- **WHAT YOU NEED TO DO**:
Repeat only the stretch of lines below that runs from the line with "worker_in_progress entries ≡ [])" through the line with "< max_concurrent_reboots c))", unaltered.

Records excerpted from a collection
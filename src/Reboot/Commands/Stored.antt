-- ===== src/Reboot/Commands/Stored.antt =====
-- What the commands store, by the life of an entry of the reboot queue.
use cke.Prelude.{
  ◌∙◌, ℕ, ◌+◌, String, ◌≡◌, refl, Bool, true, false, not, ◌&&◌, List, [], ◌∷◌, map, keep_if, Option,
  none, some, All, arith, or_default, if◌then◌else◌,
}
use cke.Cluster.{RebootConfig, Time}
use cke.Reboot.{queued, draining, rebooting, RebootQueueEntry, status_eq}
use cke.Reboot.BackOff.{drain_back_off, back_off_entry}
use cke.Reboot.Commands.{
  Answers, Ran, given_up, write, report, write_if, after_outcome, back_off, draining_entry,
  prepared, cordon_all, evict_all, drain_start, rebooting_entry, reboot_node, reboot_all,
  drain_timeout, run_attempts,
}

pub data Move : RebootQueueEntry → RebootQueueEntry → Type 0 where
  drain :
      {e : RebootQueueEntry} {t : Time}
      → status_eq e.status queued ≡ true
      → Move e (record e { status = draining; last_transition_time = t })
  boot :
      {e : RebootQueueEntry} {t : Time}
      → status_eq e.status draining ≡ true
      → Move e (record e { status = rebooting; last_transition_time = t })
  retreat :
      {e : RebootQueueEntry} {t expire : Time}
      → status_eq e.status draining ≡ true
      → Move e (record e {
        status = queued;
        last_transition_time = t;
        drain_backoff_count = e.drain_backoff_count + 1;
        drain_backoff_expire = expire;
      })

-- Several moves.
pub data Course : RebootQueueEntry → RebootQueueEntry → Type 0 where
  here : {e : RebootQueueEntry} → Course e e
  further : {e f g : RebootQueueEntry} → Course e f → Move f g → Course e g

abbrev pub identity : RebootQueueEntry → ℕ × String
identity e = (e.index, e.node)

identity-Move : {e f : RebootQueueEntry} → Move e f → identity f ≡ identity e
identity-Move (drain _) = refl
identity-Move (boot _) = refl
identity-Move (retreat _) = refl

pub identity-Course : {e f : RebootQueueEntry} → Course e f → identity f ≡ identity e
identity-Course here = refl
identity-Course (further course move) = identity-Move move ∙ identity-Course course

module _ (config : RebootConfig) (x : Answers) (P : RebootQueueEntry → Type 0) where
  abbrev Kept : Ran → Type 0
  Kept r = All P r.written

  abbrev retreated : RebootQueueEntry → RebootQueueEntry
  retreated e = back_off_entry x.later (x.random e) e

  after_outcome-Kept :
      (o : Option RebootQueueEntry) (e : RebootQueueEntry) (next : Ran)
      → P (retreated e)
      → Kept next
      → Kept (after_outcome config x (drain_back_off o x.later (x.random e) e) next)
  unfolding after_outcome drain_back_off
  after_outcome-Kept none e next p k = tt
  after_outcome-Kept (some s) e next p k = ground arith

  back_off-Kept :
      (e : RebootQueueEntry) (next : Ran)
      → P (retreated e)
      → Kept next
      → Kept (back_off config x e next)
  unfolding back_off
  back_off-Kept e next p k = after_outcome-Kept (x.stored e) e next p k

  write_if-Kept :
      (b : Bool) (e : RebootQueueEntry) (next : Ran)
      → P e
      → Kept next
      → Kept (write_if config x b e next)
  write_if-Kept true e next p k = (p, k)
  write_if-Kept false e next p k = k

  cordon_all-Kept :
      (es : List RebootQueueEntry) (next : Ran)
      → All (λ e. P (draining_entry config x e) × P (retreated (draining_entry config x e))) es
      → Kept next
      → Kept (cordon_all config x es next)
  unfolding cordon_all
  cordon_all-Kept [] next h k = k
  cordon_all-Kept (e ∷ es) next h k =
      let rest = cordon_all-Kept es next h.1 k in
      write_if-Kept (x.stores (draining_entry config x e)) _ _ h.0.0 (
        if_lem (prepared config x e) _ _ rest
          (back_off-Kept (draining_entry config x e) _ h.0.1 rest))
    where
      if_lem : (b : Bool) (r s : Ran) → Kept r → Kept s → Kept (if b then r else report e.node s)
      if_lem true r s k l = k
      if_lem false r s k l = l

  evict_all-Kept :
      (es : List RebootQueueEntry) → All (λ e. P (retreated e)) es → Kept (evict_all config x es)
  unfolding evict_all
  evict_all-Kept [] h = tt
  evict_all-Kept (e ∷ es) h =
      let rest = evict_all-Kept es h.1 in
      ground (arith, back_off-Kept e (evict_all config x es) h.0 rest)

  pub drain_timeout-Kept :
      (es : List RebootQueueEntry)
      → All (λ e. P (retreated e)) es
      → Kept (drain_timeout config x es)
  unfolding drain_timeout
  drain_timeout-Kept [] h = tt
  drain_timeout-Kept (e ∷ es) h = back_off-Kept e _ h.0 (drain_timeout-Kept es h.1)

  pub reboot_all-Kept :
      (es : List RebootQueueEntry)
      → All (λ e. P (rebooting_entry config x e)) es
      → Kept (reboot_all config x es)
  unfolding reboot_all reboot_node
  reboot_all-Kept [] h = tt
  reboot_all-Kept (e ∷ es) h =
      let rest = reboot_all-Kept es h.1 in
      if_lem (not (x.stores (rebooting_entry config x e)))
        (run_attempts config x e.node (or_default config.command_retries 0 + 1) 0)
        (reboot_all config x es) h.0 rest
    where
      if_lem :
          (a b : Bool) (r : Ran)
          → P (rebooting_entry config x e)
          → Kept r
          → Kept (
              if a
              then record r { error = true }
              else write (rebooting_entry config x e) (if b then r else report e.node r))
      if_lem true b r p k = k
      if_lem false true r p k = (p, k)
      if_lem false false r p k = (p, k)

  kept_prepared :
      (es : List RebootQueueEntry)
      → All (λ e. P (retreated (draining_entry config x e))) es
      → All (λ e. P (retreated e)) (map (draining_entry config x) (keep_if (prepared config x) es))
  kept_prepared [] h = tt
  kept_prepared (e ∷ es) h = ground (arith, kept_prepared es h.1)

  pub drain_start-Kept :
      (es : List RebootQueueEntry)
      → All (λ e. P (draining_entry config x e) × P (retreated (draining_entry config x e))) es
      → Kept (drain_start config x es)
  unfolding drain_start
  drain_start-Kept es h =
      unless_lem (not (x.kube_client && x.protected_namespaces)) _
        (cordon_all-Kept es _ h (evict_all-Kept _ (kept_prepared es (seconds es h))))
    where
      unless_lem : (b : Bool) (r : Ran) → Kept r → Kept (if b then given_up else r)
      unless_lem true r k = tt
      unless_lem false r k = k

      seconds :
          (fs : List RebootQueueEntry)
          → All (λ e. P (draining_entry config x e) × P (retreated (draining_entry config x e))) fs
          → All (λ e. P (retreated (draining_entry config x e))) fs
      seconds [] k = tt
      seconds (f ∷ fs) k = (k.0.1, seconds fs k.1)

==

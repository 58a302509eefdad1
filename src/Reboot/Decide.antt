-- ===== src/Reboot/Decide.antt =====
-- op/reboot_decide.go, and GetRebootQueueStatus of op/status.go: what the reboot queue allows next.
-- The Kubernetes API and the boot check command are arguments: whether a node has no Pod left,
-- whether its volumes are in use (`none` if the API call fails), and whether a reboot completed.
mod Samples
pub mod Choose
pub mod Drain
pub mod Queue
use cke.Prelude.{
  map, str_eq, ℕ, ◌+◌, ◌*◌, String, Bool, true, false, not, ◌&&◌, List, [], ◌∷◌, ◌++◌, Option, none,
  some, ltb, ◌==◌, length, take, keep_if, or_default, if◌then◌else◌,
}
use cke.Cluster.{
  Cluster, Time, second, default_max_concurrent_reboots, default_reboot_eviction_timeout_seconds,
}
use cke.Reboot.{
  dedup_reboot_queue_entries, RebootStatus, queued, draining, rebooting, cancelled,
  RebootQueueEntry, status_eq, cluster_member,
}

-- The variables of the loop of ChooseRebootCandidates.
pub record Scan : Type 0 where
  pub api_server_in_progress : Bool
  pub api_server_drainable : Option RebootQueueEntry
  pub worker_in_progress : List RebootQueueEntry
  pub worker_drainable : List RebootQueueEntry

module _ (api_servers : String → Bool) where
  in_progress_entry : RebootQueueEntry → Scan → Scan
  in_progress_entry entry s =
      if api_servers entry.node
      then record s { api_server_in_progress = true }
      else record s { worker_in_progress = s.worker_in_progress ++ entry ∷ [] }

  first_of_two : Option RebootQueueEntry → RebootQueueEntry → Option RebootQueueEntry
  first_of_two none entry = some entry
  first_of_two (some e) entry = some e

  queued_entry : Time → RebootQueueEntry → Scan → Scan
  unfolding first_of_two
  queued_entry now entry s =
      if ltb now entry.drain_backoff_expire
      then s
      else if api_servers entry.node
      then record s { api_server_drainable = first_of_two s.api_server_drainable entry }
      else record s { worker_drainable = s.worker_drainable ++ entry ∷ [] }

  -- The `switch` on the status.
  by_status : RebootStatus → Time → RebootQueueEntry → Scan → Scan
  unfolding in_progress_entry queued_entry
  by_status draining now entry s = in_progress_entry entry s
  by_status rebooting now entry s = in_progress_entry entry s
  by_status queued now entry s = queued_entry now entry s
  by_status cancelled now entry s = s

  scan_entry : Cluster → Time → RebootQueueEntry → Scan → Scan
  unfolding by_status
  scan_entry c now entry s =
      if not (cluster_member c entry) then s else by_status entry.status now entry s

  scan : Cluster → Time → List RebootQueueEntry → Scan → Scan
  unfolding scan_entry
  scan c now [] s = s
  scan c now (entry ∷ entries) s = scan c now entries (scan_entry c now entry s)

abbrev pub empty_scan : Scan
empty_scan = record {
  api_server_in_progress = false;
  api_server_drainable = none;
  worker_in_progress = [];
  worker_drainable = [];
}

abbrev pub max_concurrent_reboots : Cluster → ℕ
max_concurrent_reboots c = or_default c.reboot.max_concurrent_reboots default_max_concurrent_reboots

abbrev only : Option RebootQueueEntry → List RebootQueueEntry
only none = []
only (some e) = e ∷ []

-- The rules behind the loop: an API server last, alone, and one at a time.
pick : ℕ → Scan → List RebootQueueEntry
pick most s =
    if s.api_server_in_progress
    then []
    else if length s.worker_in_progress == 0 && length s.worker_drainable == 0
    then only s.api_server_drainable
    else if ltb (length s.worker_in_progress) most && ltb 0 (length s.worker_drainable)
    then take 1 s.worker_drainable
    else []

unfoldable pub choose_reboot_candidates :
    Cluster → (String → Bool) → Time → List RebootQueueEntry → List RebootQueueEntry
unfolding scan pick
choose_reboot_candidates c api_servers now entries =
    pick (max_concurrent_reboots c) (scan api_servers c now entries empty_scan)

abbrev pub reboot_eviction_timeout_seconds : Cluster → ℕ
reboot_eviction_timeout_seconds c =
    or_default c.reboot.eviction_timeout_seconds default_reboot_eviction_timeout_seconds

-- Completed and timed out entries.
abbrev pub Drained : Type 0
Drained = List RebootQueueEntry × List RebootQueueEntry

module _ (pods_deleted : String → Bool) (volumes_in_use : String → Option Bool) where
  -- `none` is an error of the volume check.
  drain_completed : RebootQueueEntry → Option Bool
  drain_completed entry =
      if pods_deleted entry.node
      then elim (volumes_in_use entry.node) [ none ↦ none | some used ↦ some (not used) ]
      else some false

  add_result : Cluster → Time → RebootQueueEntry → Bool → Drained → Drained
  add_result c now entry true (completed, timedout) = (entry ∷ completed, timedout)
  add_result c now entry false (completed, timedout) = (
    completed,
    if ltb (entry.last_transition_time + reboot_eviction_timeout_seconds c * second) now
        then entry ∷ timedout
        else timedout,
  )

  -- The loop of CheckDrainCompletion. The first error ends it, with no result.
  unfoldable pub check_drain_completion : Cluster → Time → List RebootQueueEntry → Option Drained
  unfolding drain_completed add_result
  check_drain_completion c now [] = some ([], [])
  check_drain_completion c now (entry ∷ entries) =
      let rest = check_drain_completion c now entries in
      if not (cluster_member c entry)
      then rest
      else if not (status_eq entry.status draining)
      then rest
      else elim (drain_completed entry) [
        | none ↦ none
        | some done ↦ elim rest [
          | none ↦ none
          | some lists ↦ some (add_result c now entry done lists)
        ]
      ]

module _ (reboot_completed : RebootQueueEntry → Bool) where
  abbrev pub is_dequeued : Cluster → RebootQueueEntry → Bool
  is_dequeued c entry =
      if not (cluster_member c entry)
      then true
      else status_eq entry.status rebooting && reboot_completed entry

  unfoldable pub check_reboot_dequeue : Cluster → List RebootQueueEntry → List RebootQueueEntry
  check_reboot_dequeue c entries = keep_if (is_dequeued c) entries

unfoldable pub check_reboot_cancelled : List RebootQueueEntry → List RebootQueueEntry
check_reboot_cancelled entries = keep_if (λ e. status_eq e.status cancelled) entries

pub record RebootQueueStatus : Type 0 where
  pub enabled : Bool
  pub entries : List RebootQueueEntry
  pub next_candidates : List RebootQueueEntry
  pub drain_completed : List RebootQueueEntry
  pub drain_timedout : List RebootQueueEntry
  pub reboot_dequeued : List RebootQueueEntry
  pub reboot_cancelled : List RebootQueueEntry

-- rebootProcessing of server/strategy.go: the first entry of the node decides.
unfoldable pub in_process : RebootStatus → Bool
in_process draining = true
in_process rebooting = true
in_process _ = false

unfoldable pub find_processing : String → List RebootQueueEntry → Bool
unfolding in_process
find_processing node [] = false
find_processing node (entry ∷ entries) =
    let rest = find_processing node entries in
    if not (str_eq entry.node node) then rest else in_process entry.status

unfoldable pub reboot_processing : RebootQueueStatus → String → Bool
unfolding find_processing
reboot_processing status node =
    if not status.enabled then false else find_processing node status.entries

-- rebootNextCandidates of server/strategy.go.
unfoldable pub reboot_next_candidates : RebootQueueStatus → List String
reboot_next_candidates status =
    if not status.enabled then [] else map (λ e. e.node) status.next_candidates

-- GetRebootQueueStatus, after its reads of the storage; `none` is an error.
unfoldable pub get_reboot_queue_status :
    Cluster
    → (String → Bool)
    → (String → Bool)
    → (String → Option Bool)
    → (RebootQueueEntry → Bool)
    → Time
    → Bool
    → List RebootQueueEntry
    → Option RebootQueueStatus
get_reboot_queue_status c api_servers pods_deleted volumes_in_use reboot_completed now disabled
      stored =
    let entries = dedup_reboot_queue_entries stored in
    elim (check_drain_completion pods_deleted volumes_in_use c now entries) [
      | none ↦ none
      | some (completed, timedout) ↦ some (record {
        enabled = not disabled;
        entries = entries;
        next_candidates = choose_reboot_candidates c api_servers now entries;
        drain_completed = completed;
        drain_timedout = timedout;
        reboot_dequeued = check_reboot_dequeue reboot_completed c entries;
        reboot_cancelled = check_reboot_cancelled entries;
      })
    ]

--

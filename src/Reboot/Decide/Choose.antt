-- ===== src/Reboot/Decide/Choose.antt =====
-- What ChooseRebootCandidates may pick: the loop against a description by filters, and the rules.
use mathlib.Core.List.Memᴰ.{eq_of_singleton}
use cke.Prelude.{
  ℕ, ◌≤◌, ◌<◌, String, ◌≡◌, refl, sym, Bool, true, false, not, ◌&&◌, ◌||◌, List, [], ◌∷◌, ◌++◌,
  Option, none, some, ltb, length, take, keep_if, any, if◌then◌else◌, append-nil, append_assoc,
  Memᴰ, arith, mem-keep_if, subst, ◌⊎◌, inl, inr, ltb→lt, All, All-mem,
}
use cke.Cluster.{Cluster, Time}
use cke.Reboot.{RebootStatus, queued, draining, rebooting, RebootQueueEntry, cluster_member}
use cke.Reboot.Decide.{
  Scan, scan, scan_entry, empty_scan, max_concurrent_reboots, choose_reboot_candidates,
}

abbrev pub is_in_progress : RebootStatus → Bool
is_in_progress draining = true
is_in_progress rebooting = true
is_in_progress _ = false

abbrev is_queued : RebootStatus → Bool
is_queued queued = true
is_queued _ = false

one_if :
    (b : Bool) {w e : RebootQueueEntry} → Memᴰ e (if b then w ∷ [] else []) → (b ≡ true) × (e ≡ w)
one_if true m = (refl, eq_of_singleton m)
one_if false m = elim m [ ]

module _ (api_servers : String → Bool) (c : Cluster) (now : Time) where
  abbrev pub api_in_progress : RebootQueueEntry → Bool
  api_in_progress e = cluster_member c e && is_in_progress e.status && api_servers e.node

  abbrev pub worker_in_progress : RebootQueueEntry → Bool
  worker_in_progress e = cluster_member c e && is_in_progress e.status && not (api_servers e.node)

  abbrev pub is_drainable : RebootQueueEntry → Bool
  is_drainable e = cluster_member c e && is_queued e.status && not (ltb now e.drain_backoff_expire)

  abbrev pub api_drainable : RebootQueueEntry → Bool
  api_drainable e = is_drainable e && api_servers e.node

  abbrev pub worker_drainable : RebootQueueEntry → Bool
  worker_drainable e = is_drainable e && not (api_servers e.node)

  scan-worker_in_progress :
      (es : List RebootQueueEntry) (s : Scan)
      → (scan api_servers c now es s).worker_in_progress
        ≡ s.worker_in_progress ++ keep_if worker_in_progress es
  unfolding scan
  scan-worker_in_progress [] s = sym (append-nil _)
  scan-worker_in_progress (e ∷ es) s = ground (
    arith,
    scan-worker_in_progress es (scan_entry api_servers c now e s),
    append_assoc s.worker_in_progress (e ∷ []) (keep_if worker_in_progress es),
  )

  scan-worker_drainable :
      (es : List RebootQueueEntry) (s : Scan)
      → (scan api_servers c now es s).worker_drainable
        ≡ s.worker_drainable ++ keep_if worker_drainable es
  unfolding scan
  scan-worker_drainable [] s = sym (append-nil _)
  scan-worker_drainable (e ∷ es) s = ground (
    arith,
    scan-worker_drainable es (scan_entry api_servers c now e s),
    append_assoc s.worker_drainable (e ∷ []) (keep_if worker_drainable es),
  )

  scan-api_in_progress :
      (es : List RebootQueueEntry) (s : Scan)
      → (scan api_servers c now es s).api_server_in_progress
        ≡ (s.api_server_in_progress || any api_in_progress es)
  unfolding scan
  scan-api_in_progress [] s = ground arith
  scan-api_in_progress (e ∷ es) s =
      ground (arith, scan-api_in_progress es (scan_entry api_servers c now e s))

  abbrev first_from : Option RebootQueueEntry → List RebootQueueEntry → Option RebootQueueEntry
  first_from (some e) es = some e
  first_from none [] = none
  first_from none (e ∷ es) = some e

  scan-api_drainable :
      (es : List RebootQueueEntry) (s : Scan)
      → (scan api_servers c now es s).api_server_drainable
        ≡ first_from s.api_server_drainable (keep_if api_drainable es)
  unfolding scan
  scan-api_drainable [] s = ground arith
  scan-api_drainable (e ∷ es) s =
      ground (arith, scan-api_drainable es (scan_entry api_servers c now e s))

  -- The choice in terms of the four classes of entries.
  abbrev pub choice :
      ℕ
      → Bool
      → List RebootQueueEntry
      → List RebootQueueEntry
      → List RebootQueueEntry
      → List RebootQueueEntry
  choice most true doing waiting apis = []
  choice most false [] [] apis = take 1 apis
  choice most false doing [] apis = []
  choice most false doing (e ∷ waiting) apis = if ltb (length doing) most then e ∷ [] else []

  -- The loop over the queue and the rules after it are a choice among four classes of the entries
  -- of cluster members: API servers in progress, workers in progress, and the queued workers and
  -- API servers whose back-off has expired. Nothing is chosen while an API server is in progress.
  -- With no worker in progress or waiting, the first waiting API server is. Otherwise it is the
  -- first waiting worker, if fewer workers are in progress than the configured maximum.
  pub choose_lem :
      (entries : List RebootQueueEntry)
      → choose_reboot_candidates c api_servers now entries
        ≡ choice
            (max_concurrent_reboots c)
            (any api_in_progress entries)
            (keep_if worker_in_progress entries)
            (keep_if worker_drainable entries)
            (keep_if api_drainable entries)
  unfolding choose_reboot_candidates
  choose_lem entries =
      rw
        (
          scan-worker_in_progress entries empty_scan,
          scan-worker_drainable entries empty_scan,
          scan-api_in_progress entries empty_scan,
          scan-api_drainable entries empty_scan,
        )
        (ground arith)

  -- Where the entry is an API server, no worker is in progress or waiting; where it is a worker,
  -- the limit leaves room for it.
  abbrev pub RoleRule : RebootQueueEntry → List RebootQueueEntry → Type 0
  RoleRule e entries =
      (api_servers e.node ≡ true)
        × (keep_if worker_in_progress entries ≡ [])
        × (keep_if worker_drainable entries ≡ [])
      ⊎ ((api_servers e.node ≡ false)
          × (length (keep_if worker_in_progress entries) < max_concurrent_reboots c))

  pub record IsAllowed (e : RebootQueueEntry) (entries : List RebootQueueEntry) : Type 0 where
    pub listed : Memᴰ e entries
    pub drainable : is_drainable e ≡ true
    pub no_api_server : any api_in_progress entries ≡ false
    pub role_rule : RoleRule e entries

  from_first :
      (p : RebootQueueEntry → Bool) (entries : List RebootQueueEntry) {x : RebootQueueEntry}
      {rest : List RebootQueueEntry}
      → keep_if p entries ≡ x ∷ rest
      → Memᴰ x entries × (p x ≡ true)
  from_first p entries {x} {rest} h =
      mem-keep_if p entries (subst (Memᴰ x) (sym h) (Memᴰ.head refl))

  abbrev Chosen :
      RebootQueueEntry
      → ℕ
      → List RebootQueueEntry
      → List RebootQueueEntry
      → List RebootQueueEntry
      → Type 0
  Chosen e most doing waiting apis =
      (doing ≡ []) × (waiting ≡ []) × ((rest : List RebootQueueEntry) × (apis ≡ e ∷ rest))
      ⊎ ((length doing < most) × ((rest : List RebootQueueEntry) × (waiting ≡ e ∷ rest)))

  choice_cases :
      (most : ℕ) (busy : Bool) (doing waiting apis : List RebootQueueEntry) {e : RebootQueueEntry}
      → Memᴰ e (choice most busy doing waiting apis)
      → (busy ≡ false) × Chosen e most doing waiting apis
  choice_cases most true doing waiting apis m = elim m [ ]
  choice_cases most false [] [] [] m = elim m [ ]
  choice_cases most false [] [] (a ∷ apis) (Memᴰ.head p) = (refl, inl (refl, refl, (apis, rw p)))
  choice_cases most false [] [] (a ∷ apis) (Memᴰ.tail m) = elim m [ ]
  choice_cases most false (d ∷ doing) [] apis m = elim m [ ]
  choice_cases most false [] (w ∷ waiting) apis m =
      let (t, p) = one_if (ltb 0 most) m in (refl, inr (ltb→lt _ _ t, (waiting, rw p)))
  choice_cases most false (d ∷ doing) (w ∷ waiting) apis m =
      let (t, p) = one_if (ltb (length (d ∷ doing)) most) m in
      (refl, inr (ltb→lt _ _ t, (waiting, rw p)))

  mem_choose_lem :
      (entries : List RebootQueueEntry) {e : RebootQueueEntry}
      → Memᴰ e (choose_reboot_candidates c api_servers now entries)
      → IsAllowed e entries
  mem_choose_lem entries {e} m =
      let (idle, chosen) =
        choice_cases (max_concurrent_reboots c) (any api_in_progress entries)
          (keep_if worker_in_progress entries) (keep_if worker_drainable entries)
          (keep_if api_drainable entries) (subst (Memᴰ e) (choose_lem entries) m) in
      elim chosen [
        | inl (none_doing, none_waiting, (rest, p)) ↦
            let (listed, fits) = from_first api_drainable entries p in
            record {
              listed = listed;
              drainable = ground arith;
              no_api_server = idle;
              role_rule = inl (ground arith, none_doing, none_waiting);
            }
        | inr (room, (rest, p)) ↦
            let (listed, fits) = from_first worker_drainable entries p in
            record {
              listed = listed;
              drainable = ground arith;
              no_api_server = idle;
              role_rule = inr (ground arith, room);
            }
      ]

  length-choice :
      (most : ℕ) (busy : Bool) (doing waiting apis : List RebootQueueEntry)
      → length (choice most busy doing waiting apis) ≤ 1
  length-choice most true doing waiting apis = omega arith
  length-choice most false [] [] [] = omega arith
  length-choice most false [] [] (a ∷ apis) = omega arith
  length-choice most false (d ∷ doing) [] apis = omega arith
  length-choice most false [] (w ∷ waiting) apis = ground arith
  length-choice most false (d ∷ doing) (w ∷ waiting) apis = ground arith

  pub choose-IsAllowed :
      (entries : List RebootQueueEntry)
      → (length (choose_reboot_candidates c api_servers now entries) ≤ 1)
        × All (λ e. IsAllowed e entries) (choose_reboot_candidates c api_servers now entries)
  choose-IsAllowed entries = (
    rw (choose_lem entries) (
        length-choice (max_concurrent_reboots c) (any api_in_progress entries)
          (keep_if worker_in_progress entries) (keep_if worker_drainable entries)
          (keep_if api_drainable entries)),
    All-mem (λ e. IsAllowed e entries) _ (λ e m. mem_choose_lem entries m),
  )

- **YOUR SOLUTION**:
        × (keep_if worker_in_progress entries ≡ [])
        × (keep_if worker_drainable entries ≡ [])
      ⊎ ((api_servers e.node ≡ false)
          × (length (keep_if worker_in_progress entries) < max_concurrent_reboots c))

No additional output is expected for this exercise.